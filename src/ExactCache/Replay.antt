-- ===== src/ExactCache/Replay.antt =====
-- internal/cache/exact/replay.go: a response from the cache as a stream. `fields` is
-- `strings.Fields`; flushing, the pauses and headers are left out.
use Prim.Native.String.{◌++◌ as str_append}
use llm_router.Common.{String, Option, none, List, [], ◌∷◌, ◌++◌}
use llm_router.Streaming.Relay.{ChatCompletionChunk, Delta, Usage, Frame, chunk_frame, done_frame}
use llm_router.ExactCache.Store.{ChatResponse, Choice}

-- A chunk with one choice.
abbrev pub replay_chunk : ChatResponse → Delta → String → Option Usage → Frame ChatCompletionChunk
replay_chunk r delta reason usage = chunk_frame record {
  id = r.id;
  object = "chat.completion.chunk";
  created = r.created;
  model = r.model;
  choices = record { index = 0; delta = delta; finish_reason = reason } ∷ [];
  usage = usage;
}

-- Every word but the last has a space behind it.
unfoldable pub spaced : List String → List String
spaced [] = []
spaced (word ∷ []) = word ∷ []
spaced (word ∷ next ∷ words) = str_append word " " ∷ spaced (next ∷ words)

unfoldable pub word_chunks : ChatResponse → List String → List (Frame ChatCompletionChunk)
word_chunks r [] = []
word_chunks r (text ∷ texts) =
    replay_chunk r (record { role = ""; content = text }) "" none ∷ word_chunks r texts

abbrev pub replay_choice :
    (String → List String) → ChatResponse → List Choice → List (Frame ChatCompletionChunk)
replay_choice fields r [] = done_frame ∷ []
replay_choice fields r (choice ∷ choices) =
    replay_chunk r (record { role = "assistant"; content = "" }) "" none
    ∷ (word_chunks r (spaced (fields choice.message.content))
        ++ (replay_chunk r (record { role = ""; content = "" }) choice.finish_reason r.usage
            ∷ done_frame
            ∷ []))

unfoldable pub replay_as_stream :
    (String → List String) → ChatResponse → List (Frame ChatCompletionChunk)
unfolding spaced word_chunks
replay_as_stream fields r = replay_choice fields r r.choices
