-- ===== src/Server/Keeps.antt =====
-- What the requests to app/server.rs leave alone.
use gravity_kvstore.Prelude.{◌+◌, ◌<◌, ◌≡◌, map_err, u64_mod, continue-keeps}
use gravity_kvstore.Types.{Transaction, TransactionWithAccount}
use gravity_kvstore.Types.Deps.{Deps}
use gravity_kvstore.Types.Convert.{sequence_number}
use gravity_kvstore.Crypto.{verify_signature}
use gravity_kvstore.State.{State}
use gravity_kvstore.Mempool.{add_raw_txn}
use gravity_kvstore.Mempool.WellFormed.{IsWellFormed, add_raw_txn-IsWellFormed}
use gravity_kvstore.Server.{
  Context, TransactionError, invalid_signature, signature_message, add_txn,
}

-- The context has this state and this store, and its pool is well formed.
abbrev pub IsKept : {S : Type 0} → State → S → Context S → Type 0
IsKept s store c = (c.state ≡ s) × (c.store ≡ store) × IsWellFormed c.mempool

module _ (d : Deps) {S : Type 0} (s : State) (store : S) where
  pub add_txn-IsKept :
      (txn : Transaction) (c : Context S)
      → txn.unsigned.nonce + 1 < u64_mod
      → IsKept s store c
      → IsKept s store (add_txn d txn c).1
  unfolding add_txn sequence_number
  add_txn-IsKept txn c fits h =
      continue-keeps (IsKept s store)
        (map_err (λ e. invalid_signature (signature_message e)) (verify_signature d txn), c) _ h
        λ address c' h'.
          let t : TransactionWithAccount = record { txn = txn; address = address } in
          let (sent, pool) = add_raw_txn d {E = TransactionError} t c'.mempool in
          continue-keeps (IsKept s store) (sent, record c' { mempool = pool }) _
            (h'.0, h'.1, add_raw_txn-IsWellFormed d TransactionError t c'.mempool fits h'.2)
            (λ _ c'' h''. h'')
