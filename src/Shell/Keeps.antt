-- ===== src/Shell/Keeps.antt =====
-- What the commands of app/shell.rs leave alone, whether they go through or panic.
use gravity_kvstore.Prelude.{
  ◌+◌, ◌<◌, if-both, Text, bytes_beq, List, [], ◌∷◌, Outcome, u64_mod, ascii, continue-keeps,
  Outcome-cases, Option-cases, inl, inr,
}
use gravity_kvstore.Types.{UnsignedTransaction, set_kv, Transaction, TransactionWithAccount}
use gravity_kvstore.Types.Deps.{Deps}
use gravity_kvstore.Types.Convert.{sequence_number}
use gravity_kvstore.Crypto.{KeyPair, public_key_to_address, sign_transaction}
use gravity_kvstore.State.{State}
use gravity_kvstore.Storage.{Storage}
use gravity_kvstore.Mempool.{add_raw_txn}
use gravity_kvstore.Mempool.WellFormed.{add_raw_txn-IsWellFormed}
use gravity_kvstore.Server.Keeps.{IsKept}
use gravity_kvstore.Shell.{
  Shell, Line, nonce_or_zero, copy_hash, receipt_line, say, send_set, handle_user_command,
  handle_set_command, handle_get_command, handle_query_txn_command, handle_command,
}

-- Every account's next nonce fits in a `u64`.
abbrev pub HasNonces : State → Type 0
HasNonces s = (a : Text) → nonce_or_zero a s + 1 < u64_mod

module _ (d : Deps) {S : Type 0} (s : State) (store : S) where
  -- The shell shares this state and this store, and its pool is well formed.
  abbrev pub IsReady : Shell d S → Type 0
  IsReady shell = IsKept s store shell.context

  handle_user_command-IsReady :
      (args : List Text) (shell : Shell d S)
      → IsReady shell
      → IsReady (handle_user_command d args shell).1
  unfolding handle_user_command
  handle_user_command-IsReady [] shell h = h
  handle_user_command-IsReady (name ∷ []) shell h = h
  handle_user_command-IsReady (name ∷ hash ∷ rest) shell h =
      elim (Outcome-cases (d.hex_decode hash)) [
        | inl (bytes, e) ↦ elim (Outcome-cases (d.secret_key_from_slice bytes)) [
          | inl (key, e') ↦ rw (e, e', handle_user_command) h
          | inr (inl (e'', e')) ↦ rw (e, e', handle_user_command) h
          | inr (inr e') ↦ rw (e, e', handle_user_command) h
        ]
        | inr (inl (e', e)) ↦ rw (e, handle_user_command) h
        | inr (inr e) ↦ rw (e, handle_user_command) h
      ]

  handle_get_command-IsReady :
      (args : List Text) (shell : Shell d S)
      → IsReady shell
      → IsReady (handle_get_command d args shell).1
  unfolding handle_get_command
  handle_get_command-IsReady [] shell h = h
  handle_get_command-IsReady (name ∷ []) shell h = h
  handle_get_command-IsReady (name ∷ key ∷ rest) shell h = elim (Option-cases shell.keypair) [
    | inl e ↦ rw (e, handle_get_command) h
    | inr (pair, e) ↦ rw (e, handle_get_command) h
  ]

  handle_query_txn_command-IsReady :
      (storage : Storage S) (args : List Text) (shell : Shell d S)
      → IsReady shell
      → IsReady (handle_query_txn_command d storage args shell).1
  unfolding handle_query_txn_command
  handle_query_txn_command-IsReady storage [] shell h = h
  handle_query_txn_command-IsReady storage (name ∷ []) shell h = h
  handle_query_txn_command-IsReady storage (name ∷ hash ∷ rest) shell h =
      elim (Outcome-cases (d.hex_decode hash)) [
        | inl (bytes, e) ↦
            rw (e, handle_query_txn_command)
              (continue-keeps IsReady (copy_hash bytes, shell) _ h
                λ txn_hash sh h'.
                  continue-keeps IsReady
                    (receipt_line (storage.get_transaction_receipt txn_hash sh.context.store), sh)
                    (say d) h' (λ _ sh' h''. h''))
        | inr (inl (e', e)) ↦ rw (e, handle_query_txn_command) h
        | inr (inr e) ↦ rw (e, handle_query_txn_command) h
      ]

  module _ (nonces : HasNonces s) where
    send_set-IsReady :
        (key new : Text) (pair : KeyPair d) (shell : Shell d S)
        → IsReady shell
        → IsReady (send_set d key new pair shell).1
    unfolding send_set sequence_number
    send_set-IsReady key new pair shell h =
        let a = public_key_to_address d pair.public_key in
        let unsigned : UnsignedTransaction = record {
          nonce = nonce_or_zero a shell.context.state;
          kind = set_kv key new;
        } in
        let fits : nonce_or_zero a shell.context.state + 1 < u64_mod = rw (h.0) (nonces a) in
        continue-keeps IsReady (sign_transaction d {E = Unit {0}} unsigned pair.secret_key, shell) _
          h
          λ signature sh h'.
            let txn : Transaction = record { unsigned = unsigned; signature = signature } in
            let t : TransactionWithAccount = record { txn = txn; address = a } in
            let (sent, pool) = add_raw_txn d {E = Unit {0}} t sh.context.mempool in
            continue-keeps IsReady
              (sent, record sh { context = record (sh.context) { mempool = pool } }) _
              (h'.0, h'.1, add_raw_txn-IsWellFormed d (Unit {0}) t sh.context.mempool fits h'.2)
              (λ _ sh' h''. h'')

    handle_set_command-IsReady :
        (args : List Text) (shell : Shell d S)
        → IsReady shell
        → IsReady (handle_set_command d args shell).1
    unfolding handle_set_command
    handle_set_command-IsReady [] shell h = h
    handle_set_command-IsReady (name ∷ []) shell h = h
    handle_set_command-IsReady (name ∷ key ∷ []) shell h = h
    handle_set_command-IsReady (name ∷ key ∷ new ∷ rest) shell h =
        elim (Option-cases shell.keypair) [
          | inl e ↦ rw (e, handle_set_command) h
          | inr (pair, e) ↦ rw (e, handle_set_command) (send_set-IsReady key new pair shell h)
        ]

    -- Any command keeps it so.
    pub handle_command-IsReady :
        (storage : Storage S) (args : List Text) (shell : Shell d S)
        → IsReady shell
        → IsReady (handle_command d storage args shell).1
    unfolding handle_command
    handle_command-IsReady storage [] shell h = h
    handle_command-IsReady storage (name ∷ args) shell h =
        let words = name ∷ args in
        let P = λ (run : Outcome (Unit {0}) (List Line) × Shell d S). IsReady run.1 in
        if-both P (bytes_beq name (ascii "user")) (λ _. handle_user_command-IsReady words shell h)
          (if-both P (bytes_beq name (ascii "set")) (λ _. handle_set_command-IsReady words shell h)
            (if-both P (bytes_beq name (ascii "get"))
              (λ _. handle_get_command-IsReady words shell h)
              (if-both P (bytes_beq name (ascii "query_txn"))
                (λ _. handle_query_txn_command-IsReady storage words shell h)
                (if-both P (bytes_beq name (ascii "help")) (λ _. h)
                  (if-both P (bytes_beq name (ascii "?")) (λ _. h)
                    (if-both P (bytes_beq name (ascii "exit")) (λ _. h) h))))))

AIM OF THE EXERCISE: Taking the records from the top, repeat each line exactly until you have repeated the line that contains "-- A chunk with one choice.".

TASK ANSWER:
filename src/ExactCache/Replay.antt
-- ===== src/ExactCache/Replay.antt =====
-- internal/cache/exact/replay.go: a response from the cache as a stream. `fields` is
-- `strings.Fields`; flushing, the pauses and headers are left out.
use Prim.Native.String.{◌++◌ as str_append}
use llm_router.Common.{String, Option, none, List, [], ◌∷◌, ◌++◌}
use llm_router.Streaming.Relay.{ChatCompletionChunk, Delta, Usage, Frame, chunk_frame, done_frame}
use llm_router.ExactCache.Store.{ChatResponse, Choice}

-- A chunk with one choice.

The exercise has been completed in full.